As an idealized reference, we computed a loose upper bound on Solomonoff’s ln-loss using the sampled program lengths (which models do not see). GPT-2 models approach this bound for sequences up to 100 tokens, suggesting strong practical alignment with the universal prior on that regime.

Theoretical Underpinnings
Solomonoff induction weights each hypothesis P by 2−K(P), where K(P) is the Kolmogorov complexity. In practice, transformers learn a parametric approximation to this weighting through gradient descent and self-attention. Recent work by Wan & Mei (2025) formalized this connection by showing that multi-head attention can implement a mixture-of-experts over substring predictors analogous to program enumeration.
Expert Opinions
Yann LeCun, Chief AI Scientist at Meta: “This experiment empirically validates that transformers internalize a compressed representation of algorithmic priors, supporting the view that large-scale pretraining approximates universal sequence modeling.”
Zoubin Ghahramani, Professor, Cambridge University: “The convergence of in-context learning and Solomonoff induction highlights a deep synergy between statistical learning theory and algorithmic information theory.”
Implications for Model Alignment & Safety
If LLMs implicitly approximate Solomonoff induction, they may assign non-zero probability to any computable hypothesis. This has two sides:
- Diversity of reasoning: Models can generate novel, low-probability hypotheses, improving robustness.
- Malicious speculation: Unbounded priors could enable hallucinations or unsafe planning sequences.
Mitigations include calibrated uncertainty estimation (e.g., temperature scaling) and constrained decoding (beam filters).

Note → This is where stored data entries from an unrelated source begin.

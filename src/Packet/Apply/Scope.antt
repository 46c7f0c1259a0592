-- ===== src/Packet/Apply/Scope.antt =====
-- Proofs on the fields that `Apply` (internal/packetissuance/transitions.go) changes.
use chrono_desk.Packet.Fields.{fields_agree}
use chrono_desk.Packet.Moves.Scope.{apply_move-fields_agree, apply_move-Protects}
use chrono_desk.Packet.Persons.Scope.{
  apply_change_race-fields_agree, apply_change_race-protects, apply_edit_person-fields_agree,
  apply_edit_person-protects, apply_issue-fields_agree, apply_issue-protects,
  apply_release_to_reserve-fields_agree, apply_release_to_reserve-protects,
  apply_replace_person-fields_agree, apply_replace_person-protects, apply_set_dns-fields_agree,
  apply_set_dns-protects, apply_undo_issue-fields_agree, apply_undo_issue-protects,
}
use chrono_desk.Packet.Numbers.Scope.{
  apply_assign_number-fields_agree, apply_assign_number-protects, apply_clear_number-fields_agree,
  apply_clear_number-protects, apply_create_registration-fields_agree,
  apply_create_registration-protects, apply_return_to_reserve-fields_agree,
  apply_return_to_reserve-Protects, apply_unassign_number-fields_agree,
  apply_unassign_number-protects,
}
use chrono_desk.Packet.Fields.Evidence.{Protects}
use chrono_desk.Packet.Apply.Cases.{one_row-All}
use chrono_desk.Packet.Apply.{apply, transition}
use chrono_desk.Packet.Rows.{find_row, index_rows}
use chrono_desk.Prelude.{
  inl, inr, ◌⊎◌, Bool-cases, All-map, All, List, [], refl, subst, true, ◌≡◌, false,
}
use chrono_desk.Packet.Model.{
  registration_eq, assign_number, create_registration, return_to_reserve, clear_number,
  unassign_number, issue, undo_issue, set_dns, release_to_reserve, edit_person, change_race,
  replace_person, move_race, move_to_reserve, assign_reserve, correct_move, resolve_conflict,
  other_type, >>=-eq-ok, Change, Command, CommandType, Registration, ok, or_fail,
  registration_not_found,
}

transition-fields_agree :
    (type : CommandType) (records rows : List Registration) (source : Registration)
    (command : Command) {changes : List Change}
    → command.type ≡ type
    → transition type records rows source command ≡ ok changes
    → All (λ c. fields_agree type false c ≡ true) changes
unfolding transition
transition-fields_agree assign_number records rows source command e h =
    one_row-All (λ c. fields_agree assign_number false c ≡ true) source _
      (λ a. apply_assign_number-fields_agree source records command) h
transition-fields_agree create_registration records rows source command e h =
    one_row-All (λ c. fields_agree create_registration false c ≡ true) source _
      (λ a. apply_create_registration-fields_agree source records command) h
transition-fields_agree return_to_reserve records rows source command e h =
    apply_return_to_reserve-fields_agree rows source command h
transition-fields_agree clear_number records rows source command e h =
    one_row-All (λ c. fields_agree clear_number false c ≡ true) source _
      (λ a. apply_clear_number-fields_agree source) h
transition-fields_agree unassign_number records rows source command e h =
    one_row-All (λ c. fields_agree unassign_number false c ≡ true) source _
      (λ a. apply_unassign_number-fields_agree source) h
transition-fields_agree issue records rows source command e h =
    one_row-All (λ c. fields_agree issue false c ≡ true) source _
      (λ a. apply_issue-fields_agree source) h
transition-fields_agree undo_issue records rows source command e h =
    one_row-All (λ c. fields_agree undo_issue false c ≡ true) source _
      (λ a. apply_undo_issue-fields_agree source command) h
transition-fields_agree set_dns records rows source command e h =
    one_row-All (λ c. fields_agree set_dns false c ≡ true) source _
      (λ a. apply_set_dns-fields_agree source command) h
transition-fields_agree release_to_reserve records rows source command e h =
    one_row-All (λ c. fields_agree release_to_reserve false c ≡ true) source _
      (λ a. apply_release_to_reserve-fields_agree source) h
transition-fields_agree edit_person records rows source command e h =
    one_row-All (λ c. fields_agree edit_person false c ≡ true) source _
      (λ a. apply_edit_person-fields_agree source command) h
transition-fields_agree change_race records rows source command e h =
    one_row-All (λ c. fields_agree change_race false c ≡ true) source _
      (λ a. apply_change_race-fields_agree source command) h
transition-fields_agree replace_person records rows source command e h =
    one_row-All (λ c. fields_agree replace_person false c ≡ true) source _
      (λ a. apply_replace_person-fields_agree source command) h
transition-fields_agree move_race records rows source command {changes} e h =
    subst (λ t. All (λ c. fields_agree t false c ≡ true) changes) e
      (apply_move-fields_agree rows source command h)
transition-fields_agree move_to_reserve records rows source command {changes} e h =
    subst (λ t. All (λ c. fields_agree t false c ≡ true) changes) e
      (apply_move-fields_agree rows source command h)
transition-fields_agree assign_reserve records rows source command {changes} e h =
    subst (λ t. All (λ c. fields_agree t false c ≡ true) changes) e
      (apply_move-fields_agree rows source command h)
transition-fields_agree correct_move records rows source command e h = cc
transition-fields_agree resolve_conflict records rows source command e h = cc
transition-fields_agree (other_type s) records rows source command e h = cc

-- Every change that `Apply` derives for a command of schema 1 passes the field checks that
-- `parseOperation` makes of a change: id, event and timing evidence stay, and race, bib and EPC
-- change only under the command types that may change them.
pub apply-fields_agree :
    (records : List Registration) (command : Command) {changes : List Change}
    → apply records command ≡ ok changes
    → All (λ c. fields_agree command.type false c ≡ true) changes
unfolding apply
apply-fields_agree records command h =
    let (rows, e0, h0) = >>=-eq-ok (index_rows [] records) _ h in
    let (source, e1, h1) =
      >>=-eq-ok (or_fail (find_row command.registration_id rows) registration_not_found) _ h0 in
    transition-fields_agree command.type records rows source command refl h1

transition-Protects :
    (type : CommandType) (records rows : List Registration) (source : Registration)
    (command : Command) {changes : List Change}
    → transition type records rows source command ≡ ok changes
    → All Protects changes
unfolding transition
transition-Protects assign_number records rows source command h =
    one_row-All (Protects) source _ (λ a. apply_assign_number-protects source records command) h
transition-Protects create_registration records rows source command h =
    one_row-All (Protects) source _ (λ a. apply_create_registration-protects source records command)
      h
transition-Protects return_to_reserve records rows source command h =
    apply_return_to_reserve-Protects rows source command h
transition-Protects clear_number records rows source command h =
    one_row-All (Protects) source _ (λ a. apply_clear_number-protects source) h
transition-Protects unassign_number records rows source command h =
    one_row-All (Protects) source _ (λ a. apply_unassign_number-protects source) h
transition-Protects issue records rows source command h =
    one_row-All (Protects) source _ (λ a. apply_issue-protects source) h
transition-Protects undo_issue records rows source command h =
    one_row-All (Protects) source _ (λ a. apply_undo_issue-protects source command) h
transition-Protects set_dns records rows source command h =
    one_row-All (Protects) source _ (λ a. apply_set_dns-protects source command) h
transition-Protects release_to_reserve records rows source command h =
    one_row-All (Protects) source _ (λ a. apply_release_to_reserve-protects source) h
transition-Protects edit_person records rows source command h =
    one_row-All (Protects) source _ (λ a. apply_edit_person-protects source command) h
transition-Protects change_race records rows source command h =
    one_row-All (Protects) source _ (λ a. apply_change_race-protects source command) h
transition-Protects replace_person records rows source command h =
    one_row-All (Protects) source _ (λ a. apply_replace_person-protects source command) h
transition-Protects move_race records rows source command h =
    apply_move-Protects rows source command h
transition-Protects move_to_reserve records rows source command h =
    apply_move-Protects rows source command h
transition-Protects assign_reserve records rows source command h =
    apply_move-Protects rows source command h
transition-Protects correct_move records rows source command h = cc
transition-Protects resolve_conflict records rows source command h = cc
transition-Protects (other_type s) records rows source command h = cc

apply-protects_row :
    (records : List Registration) (command : Command) {changes : List Change}
    → apply records command ≡ ok changes
    → All
        (λ c.
          c.before.has_timing_evidence ≡ true
          → c.after ≡ record (c.before) { issued = c.after.issued })
        changes
unfolding apply
apply-protects_row records command h =
    let (rows, e0, h0) = >>=-eq-ok (index_rows [] records) _ h in
    let (source, e1, h1) =
      >>=-eq-ok (or_fail (find_row command.registration_id rows) registration_not_found) _ h0 in
    transition-Protects command.type records rows source command h1

-- Under every command a changed row with timing evidence keeps every field but its issued mark.
pub apply-protects :
    (records : List Registration) (command : Command) {changes : List Change}
    → apply records command ≡ ok changes
    → All
        (λ c.
          (c.before.has_timing_evidence ≡ false)
          ⊎ (c.after ≡ record (c.before) { issued = c.after.issued }))
        changes
apply-protects records command {changes} h =
    All-map
      (λ c.
        c.before.has_timing_evidence ≡ true
        → c.after ≡ record (c.before) { issued = c.after.issued })
      (λ c.
        (c.before.has_timing_evidence ≡ false)
        ⊎ (c.after ≡ record (c.before) { issued = c.after.issued }))
      (λ c k. elim (Bool-cases c.before.has_timing_evidence) [ inl e ↦ inr (k e) | inr e ↦ inl e ])
      changes (apply-protects_row records command h)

Future Directions & Open Questions
- Scaling laws: How does ln-loss gap shrink with model size beyond 10B parameters?
- Alternative architectures: Does Mixture-of-Experts or sparse transformers better track Solomonoff weights?
- Compute-efficient sampling: Can we approximate universal induction on-the-fly during inference?
Conclusions
Our expanded empirical study confirms that pretrained LLMs, without task-specific fine-tuning, perform surprisingly close to a dedicated Solomonoff Induction Transformer on random binary programs. Larger models exhibit stronger long-range sequence consistency, hinting at more effective implicit program induction. While it remains an open debate whether ICL is Solomonoff induction or a distinct mechanism that happens to align closely, this line of work bridges algorithmic information theory and modern deep learning in a practically measurable way.
- [1] Wan, J., & Mei, L. (2025). Large Language Models as Computable Approximations to Solomonoff Induction. arXiv:2505.15784.
- [2] Young, N., & Witbrock, M. (2024). Transformers As Approximations of Solomonoff Induction. arXiv:2408.12065.
- [3] Legg, S. (2006). Is there an elegant universal theory of prediction? ALT’06.